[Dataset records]
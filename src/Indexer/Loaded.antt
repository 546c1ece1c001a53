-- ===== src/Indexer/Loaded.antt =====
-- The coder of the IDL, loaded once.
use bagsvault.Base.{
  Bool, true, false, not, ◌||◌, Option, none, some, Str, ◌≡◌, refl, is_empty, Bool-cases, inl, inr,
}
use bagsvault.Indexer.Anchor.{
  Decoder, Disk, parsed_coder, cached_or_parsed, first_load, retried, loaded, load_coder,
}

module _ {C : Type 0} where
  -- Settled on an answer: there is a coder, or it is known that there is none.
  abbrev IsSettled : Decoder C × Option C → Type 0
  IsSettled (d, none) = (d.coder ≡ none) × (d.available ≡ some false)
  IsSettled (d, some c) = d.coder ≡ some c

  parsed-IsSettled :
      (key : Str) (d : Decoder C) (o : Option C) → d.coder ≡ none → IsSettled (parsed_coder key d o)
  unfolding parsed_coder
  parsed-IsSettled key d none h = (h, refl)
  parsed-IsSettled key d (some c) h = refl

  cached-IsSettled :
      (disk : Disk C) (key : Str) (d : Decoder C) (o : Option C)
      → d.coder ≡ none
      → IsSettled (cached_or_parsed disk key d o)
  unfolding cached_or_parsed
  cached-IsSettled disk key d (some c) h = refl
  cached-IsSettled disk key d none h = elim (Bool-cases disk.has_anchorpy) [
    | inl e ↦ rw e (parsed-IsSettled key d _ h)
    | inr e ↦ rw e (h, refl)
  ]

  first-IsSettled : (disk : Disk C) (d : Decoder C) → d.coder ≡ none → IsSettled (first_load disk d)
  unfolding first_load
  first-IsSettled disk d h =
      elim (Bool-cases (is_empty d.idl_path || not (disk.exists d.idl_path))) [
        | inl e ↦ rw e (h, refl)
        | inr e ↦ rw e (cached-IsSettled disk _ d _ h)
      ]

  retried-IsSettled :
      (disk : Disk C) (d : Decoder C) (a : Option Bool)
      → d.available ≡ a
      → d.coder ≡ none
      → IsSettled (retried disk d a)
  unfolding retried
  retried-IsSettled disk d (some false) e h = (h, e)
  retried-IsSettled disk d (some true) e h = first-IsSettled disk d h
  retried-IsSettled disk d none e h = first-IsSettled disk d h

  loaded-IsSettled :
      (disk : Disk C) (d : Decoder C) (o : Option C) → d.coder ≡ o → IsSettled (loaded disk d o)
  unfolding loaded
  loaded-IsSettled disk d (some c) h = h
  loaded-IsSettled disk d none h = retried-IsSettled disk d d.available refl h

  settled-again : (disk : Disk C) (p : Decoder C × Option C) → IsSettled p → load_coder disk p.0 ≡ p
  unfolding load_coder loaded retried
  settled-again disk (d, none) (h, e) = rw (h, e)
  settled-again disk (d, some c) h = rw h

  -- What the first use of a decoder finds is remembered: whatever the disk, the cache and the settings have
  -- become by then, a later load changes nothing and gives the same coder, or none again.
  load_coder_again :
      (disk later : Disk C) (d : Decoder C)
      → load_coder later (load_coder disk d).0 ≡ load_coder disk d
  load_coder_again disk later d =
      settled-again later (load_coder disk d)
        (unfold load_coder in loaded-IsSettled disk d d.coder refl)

* Assigned task
In the data above, which lines lie between the line with "cached-IsSettled disk key d (some" and the line with "loaded-IsSettled disk d none", inclusive? Print those lines exactly and nothing else.

* Response to the task
  cached-IsSettled disk key d (some c) h = refl
  cached-IsSettled disk key d none h = elim (Bool-cases disk.has_anchorpy) [
    | inl e ↦ rw e (parsed-IsSettled key d _ h)
    | inr e ↦ rw e (h, refl)
  ]

  first-IsSettled : (disk : Disk C) (d : Decoder C) → d.coder ≡ none → IsSettled (first_load disk d)
  unfolding first_load
  first-IsSettled disk d h =
      elim (Bool-cases (is_empty d.idl_path || not (disk.exists d.idl_path))) [
        | inl e ↦ rw e (h, refl)
        | inr e ↦ rw e (cached-IsSettled disk _ d _ h)
      ]

  retried-IsSettled :
      (disk : Disk C) (d : Decoder C) (a : Option Bool)
      → d.available ≡ a
      → d.coder ≡ none
      → IsSettled (retried disk d a)
  unfolding retried
  retried-IsSettled disk d (some false) e h = (h, e)
  retried-IsSettled disk d (some true) e h = first-IsSettled disk d h
  retried-IsSettled disk d none e h = first-IsSettled disk d h

  loaded-IsSettled :
      (disk : Disk C) (d : Decoder C) (o : Option C) → d.coder ≡ o → IsSettled (loaded disk d o)
  unfolding loaded
  loaded-IsSettled disk d (some c) h = h
  loaded-IsSettled disk d none h = retried-IsSettled disk d d.available refl h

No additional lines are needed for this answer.